With few options left, the government is going directly to the people.

The dam project would seem an unlikely way to galvanise Pakistanis, who in recent years have grown weary of corruption scandals and crumbling public services. Construction of the dams has yet to begin, and even the most optimistic estimates say they won’t be functional for at least a decade.

But Imran Khan, the new prime minister, is no stranger to fundraising or sunny rhetoric. He spent years in the 1980s and ‘90s raising money to build a world-class cancer hospital for the poor in Lahore, which he often cites as proof of his resolve.

“I am the greatest fundraiser in the history of Pakistan,” he said last month. “We can build dams in five years if the donations continue.”

Khan and his government have created a sense of urgency around the project, known as the Diamer-Bhasha and Mohmand Dams, spawning social media discussions and news debates that cast the dams as pivotal for Pakistan’s future.

On Sept 8, Khan appealed on television to the 9 million Pakistanis living abroad, asking them to give at least $1,000 each. As of Oct. 8, they had donated about $3 million, including more than $300,000 from the United States.

That is a small fraction of the $48 million raised since the government opened a bank account for donations in July, which itself is less than 1 percent of the dams’ total estimated cost of $14 billion. A Pakistani television network noted last month that at the current rate, funding the dam would take 120 years.

Foreign lenders could speed up the process, but many of them, like the World Bank and the Asian Development Fund, have been reluctant to participate, despite more than a decade of campaigning by previous governments. Minor pledges from allies like Japan haven’t been enough to close the gap.

China sought to fund the dams as part of the China-Pakistan Economic Corridor, its $62 billion plan to invest in Pakistani infrastructure in exchange for securing new trade routes. But its onerous terms, under which the Chinese would essentially own the dams themselves, kept Pakistan from including the dam project in the broader deal.

Though the move signalled Pakistan’s growing concern over its indebtedness to China, it means the dam project has no major foreign lender. Without such backing, the full $14 billion needed to complete it is woefully out of reach.

But critics say that even if the money is raised, the dams won’t be the silver bullet the Pakistani government would have donors believe.

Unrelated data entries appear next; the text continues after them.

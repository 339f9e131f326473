-- ===== src/Actisense/RawAscii.antt =====
-- actisense/rawasciidevice.go: lines of the RAW ASCII format, read and written.
-- A read of the device is the bytes that it gives; the functions of Go's `encoding/hex` and `strconv`
-- that the source uses are written out.
pub mod Assembling
pub mod Lines
pub mod Hex
mod Examples
use go_nmea_client.Common.{
  ℕ, zero, suc, ◌+◌, ◌-◌, ◌*◌, ◌/◌, ◌%◌, List, [], ◌∷◌, ◌++◌, Option, none, some, Bool, true, false,
  Result, ok, err, panic, ◌>>=◌, ◌>>◌, check, ltb, leb, ◌==◌, ◌&&◌, ◌||◌, not, if◌then◌else◌, u8,
  length, take, drop, set, get_or, replicate, overwrite, overwrite_from,
}
use go_nmea_client.Canbus.{uint32, parse_can_id}
use go_nmea_client.Nmea.{RawFrame, RawMessage}

pub data Error : Type 0 where
  invalid_byte odd_length : Error

-- The values of the characters 0 to 9, a to f and A to F.
unfoldable pub from_hex : ℕ → Option ℕ
from_hex c =
    if leb b'0' c && leb c b'9'
    then some (c - b'0')
    else if leb b'a' c && leb c b'f'
    then some (c - b'a' + 10)
    else if leb b'A' c && leb c b'F'
    then some (c - b'A' + 10)
    else none

unfoldable pub digit : ℕ → Result Error ℕ
digit c = elim (from_hex c) [ none ↦ err invalid_byte | some v ↦ ok v ]

-- `hex.Decode`; a character without a partner is an error.
unfoldable pub hex_decode : List ℕ → Result Error (List ℕ)
hex_decode [] = ok []
hex_decode (p ∷ []) = digit p >>= λ high. err odd_length
hex_decode (p ∷ q ∷ src) = do
  high ← digit p
  low ← digit q
  bytes ← hex_decode src
  ok ((high * 16 + low) ∷ bytes)

-- `binary.BigEndian`
unfoldable pub from_big_endian : List ℕ → ℕ → ℕ
from_big_endian [] acc = acc
from_big_endian (b ∷ bytes) acc = from_big_endian bytes (acc * 256 + b)

-- A text that is too short gets zeros in front; the start of one that is too long is negative.
unfoldable pub padded : List ℕ → ℕ → Result Error (List ℕ)
padded raw dst_length =
    if (length raw + 1) / 2 == dst_length
    then ok raw
    else check (leb (length raw) (dst_length * 2))
      >> ok (replicate (dst_length * 2 - length raw) b'0' ++ raw)

unfoldable pub decode_hex_to_int : List ℕ → ℕ → Result Error ℕ
decode_hex_to_int raw dst_length = do
  digits ← padded raw dst_length
  bytes ← hex_decode digits
  ok (from_big_endian bytes 0)

pub record Spaces : Type 0 where
  pub space_index : ℕ
  pub previous_space_index : ℕ
  pub spaces_seen : ℕ

-- The loop over the bytes, up to the third space.
unfoldable pub find_spaces : List ℕ → ℕ → Spaces → Spaces
find_spaces [] i s = s
find_spaces (b ∷ raw) i s =
    let s' =
      if b == b' '
      then record {
        space_index = i;
        previous_space_index = s.space_index;
        spaces_seen = s.spaces_seen + 1;
      }
      else s in
    let rest = find_spaces raw (suc i) s' in
    if (b == b' ') && (s'.spaces_seen == 3) then s' else rest

-- The digits of the data; `hexBytes` has room for sixteen.
unfoldable pub data_digits : List ℕ → List ℕ → Result Error (List ℕ)
data_digits [] digits = ok digits
data_digits (b ∷ raw) digits =
    let rest = data_digits raw (if b == b' ' then digits else digits ++ (b ∷ [])) in
    if b == b' '
    then rest
    else if (b == 13) || (b == 10)
    then ok digits
    else check (ltb (length digits) 16) >> rest

-- The bytes of a line's data, from the third space on; all of `hexBytes` is decoded.
unfoldable pub frame_of : ℕ → ℕ → List ℕ → RawFrame
frame_of can_id now bytes = record {
  time = now;
  header = parse_can_id can_id;
  length = u8 (length bytes);
  bytes = overwrite (replicate 8 0) bytes;
}

abbrev pub from_start : Spaces
from_start = record { space_index = 0; previous_space_index = 0; spaces_seen = 0 }

unfoldable pub parse_received : List ℕ → ℕ → Spaces → Result Error (Option RawFrame)
parse_received raw now s = do
  can_id ←
      decode_hex_to_int
        (take (s.space_index - (s.previous_space_index + 1))
          (drop (s.previous_space_index + 1) raw))
        4
  digits ← data_digits (drop s.space_index raw) []
  bytes ← hex_decode (digits ++ replicate (16 - length digits) 0)
  ok (some (frame_of can_id now bytes))

-- `parseRawASCII`; nothing is a line to skip. The second space is not the first byte of the line, so there
-- is a byte in front of it.
unfoldable pub parse_raw_ascii : List ℕ → ℕ → Result Error (Option RawFrame)
parse_raw_ascii raw now =
    let s = find_spaces raw 0 from_start in
    if not (s.spaces_seen == 3)
    then ok none
    else if not (get_or raw (s.previous_space_index - 1) 0 == b'R')
    then ok none
    else parse_received raw now s

-- `readBuffer` and `readIndex`
pub record LineReader : Type 0 where
  pub read_buffer : List ℕ
  pub read_index : ℕ

unfoldable pub new_line_reader : LineReader
new_line_reader = record { read_buffer = replicate 100 0; read_index = 0 }

unfoldable pub index_byte : List ℕ → ℕ → Option ℕ
index_byte [] c = none
index_byte (b ∷ bytes) c =
    let rest = index_byte bytes c in
    if b == c then some 0 else (elim rest [ none ↦ none | some i ↦ some (suc i) ])

-- What a read adds: the line it ends, if it ends one, and the reader after it.
unfoldable pub add_read : LineReader → List ℕ → Result Error (Option (List ℕ) × LineReader)
add_read r buf = elim (index_byte buf 10) [
  | none ↦
      check (leb r.read_index (length r.read_buffer))
      >> ok (
        none,
        record {
          read_buffer = overwrite_from r.read_index r.read_buffer buf;
          read_index = r.read_index + length buf;
        },
      )
  | some i ↦
      let end = i + 1 in
      let buffer = overwrite_from r.read_index r.read_buffer (take end buf) in
      check (leb (r.read_index + end) (length r.read_buffer))
      >> ok (
        some (take (r.read_index + end) buffer),
        record { read_buffer = overwrite buffer (drop end buf); read_index = length buf - end },
      )
]

-- A read and the time at which it returns.
pub record Read : Type 0 where
  pub buf : List ℕ
  pub now : ℕ

-- The frame or the error that a read ends with, if it does; the reader after it, and the reads left.
abbrev pub Frames : Type 0 → Type 0
Frames A = Result Error (Option (Result Error A) × LineReader × List Read)

-- A line to skip, a frame or an error.
unfoldable pub after_line :
    Result Error (Option RawFrame) → LineReader → List Read → Frames RawFrame → Frames RawFrame
after_line (ok none) r reads rest = rest
after_line (ok (some f)) r reads rest = ok (some (ok f), r, reads)
after_line (err e) r reads rest = ok (some (err e), r, reads)
after_line panic r reads rest = panic

-- The loop of `ReadRawFrame`, over the reads; one that gives nothing is passed over.
unfoldable pub read_raw_frame : LineReader → List Read → Frames RawFrame
read_raw_frame r [] = ok (none, r, [])
read_raw_frame r (x ∷ reads) = do
  (line, r') ← if length x.buf == 0 then ok (none, r) else add_read r x.buf
  let rest = read_raw_frame r' reads
  elim line [ none ↦ rest | some raw ↦ after_line (parse_raw_ascii raw x.now) r' reads rest ]

-- `ReadRawMessage` without an assembler: all eight bytes of the frame.
unfoldable pub message_of_frame : RawFrame → RawMessage
message_of_frame frame = record { time = frame.time; header = frame.header; bytes = frame.bytes }

unfoldable pub to_message : Option (Result Error RawFrame) → Option (Result Error RawMessage)
to_message none = none
to_message (some frame) = some (frame >>= λ f. ok (message_of_frame f))

unfoldable pub read_raw_message : LineReader → List Read → Frames RawMessage
read_raw_message r reads = do
  (frame, r', rest) ← read_raw_frame r reads
  ok (to_message frame, r', rest)

-- The upper-case digits of `strconv.FormatUint(n, 16)`: as many as there are up to sixteen.
unfoldable pub hex_digit : ℕ → ℕ
hex_digit v = if ltb v 10 then v + b'0' else v - 10 + b'A'

unfoldable pub hex_digits : ℕ → ℕ → List ℕ
hex_digits zero n = []
hex_digits (suc k) n = hex_digits k (n / 16) ++ (hex_digit (n % 16) ∷ [])

unfoldable pub without_zeros : List ℕ → List ℕ
without_zeros [] = []
without_zeros (d ∷ []) = d ∷ []
without_zeros (d ∷ e ∷ digits) =
    let rest = without_zeros (e ∷ digits) in if d == b'0' then rest else d ∷ e ∷ digits

unfoldable pub format_hex : ℕ → List ℕ
format_hex n = without_zeros (hex_digits 16 n)

-- `00:00:00.000 S 00000000`, and eight places for bytes.
abbrev pub line_template : List ℕ
line_template =
    b'0' ∷ b'0' ∷ b':' ∷ b'0' ∷ b'0' ∷ b':' ∷ b'0' ∷ b'0' ∷ b'.' ∷ b'0' ∷ b'0' ∷ b'0' ∷ b' ' ∷ b'S'
    ∷ b' ' ∷ b'0' ∷ b'0' ∷ b'0' ∷ b'0' ∷ b'0' ∷ b'0' ∷ b'0' ∷ b'0' ∷ b' ' ∷ 0 ∷ 0 ∷ b' ' ∷ 0 ∷ 0
    ∷ b' ' ∷ 0 ∷ 0 ∷ b' ' ∷ 0 ∷ 0 ∷ b' ' ∷ 0 ∷ 0 ∷ b' ' ∷ 0 ∷ 0 ∷ b' ' ∷ 0 ∷ 0 ∷ b' ' ∷ 0 ∷ 0 ∷ 13
    ∷ 10 ∷ []

-- The loop over the bytes of the frame, which has eight.
unfoldable pub write_bytes : ℕ → ℕ → List ℕ → ℕ → List ℕ → Result Error (List ℕ)
write_bytes zero i bytes idx f = ok f
write_bytes (suc rounds) i bytes idx f = do
  check (ltb i 8)
  let v = get_or bytes i 0
  write_bytes rounds (suc i) bytes (idx + 3)
      (set (set f idx (hex_digit (v / 16))) (idx + 1) (hex_digit (v % 16)))

unfoldable pub end_line : ℕ → ℕ → List ℕ → List ℕ
end_line len idx f = if ltb len 8 then set (set f (idx - 1) 13) idx 10 else f

unfoldable pub to_raw_ascii_bytes : RawFrame → Result Error (List ℕ)
to_raw_ascii_bytes frame = do
  let id = format_hex (uint32 frame.header)
  let idx = 24 + frame.length * 3
  f ← write_bytes frame.length 0 frame.bytes 24 (overwrite_from (23 - length id) line_template id)
  ok (take (idx + 1) (end_line frame.length idx f))

-- `WriteRawMessage`, up to the bytes that it hands to the device.
unfoldable pub write_raw_message : RawMessage → Result Error (List ℕ)
write_raw_message msg = do
  check (leb (length msg.bytes) 8)
  to_raw_ascii_bytes (record {
    time = msg.time;
    header = msg.header;
    length = length msg.bytes;
    bytes = overwrite (replicate 8 0) msg.bytes;
  })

“Because the dams are a big project, there’s been a lot of hype created around it and people in the government want to get some political mileage from it,” said Hassan Abbas, a hydrologist who has worked to address water shortages in Pakistan for more than two decades.

Abbas said Pakistan’s water shortages stemmed from the outdated irrigation system left over from the British colonisers, which in many areas is more than 100 years old. An expensive dam project can’t fix the problem when it lies downstream, he said.

The repeated calls to donate, though, drill home the same message: Pakistan needs the dams to survive.

“In the public perception, these things count,” Abbas said. “You hear something again and again, the idea sticks: ‘If the dam isn’t made, we’ll die.'”

As for the donors — average citizens and Pakistanis abroad who have handed over their money without stipulations — the unlikelihood of the project’s success isn’t a deterrent.

Akhtar, the donor in Lancashire, England, said he did not regret his decision. Endlessly debating the merits of the dams will only leave Pakistan where it has always been, he said: “It’s like arguing while Rome burns.”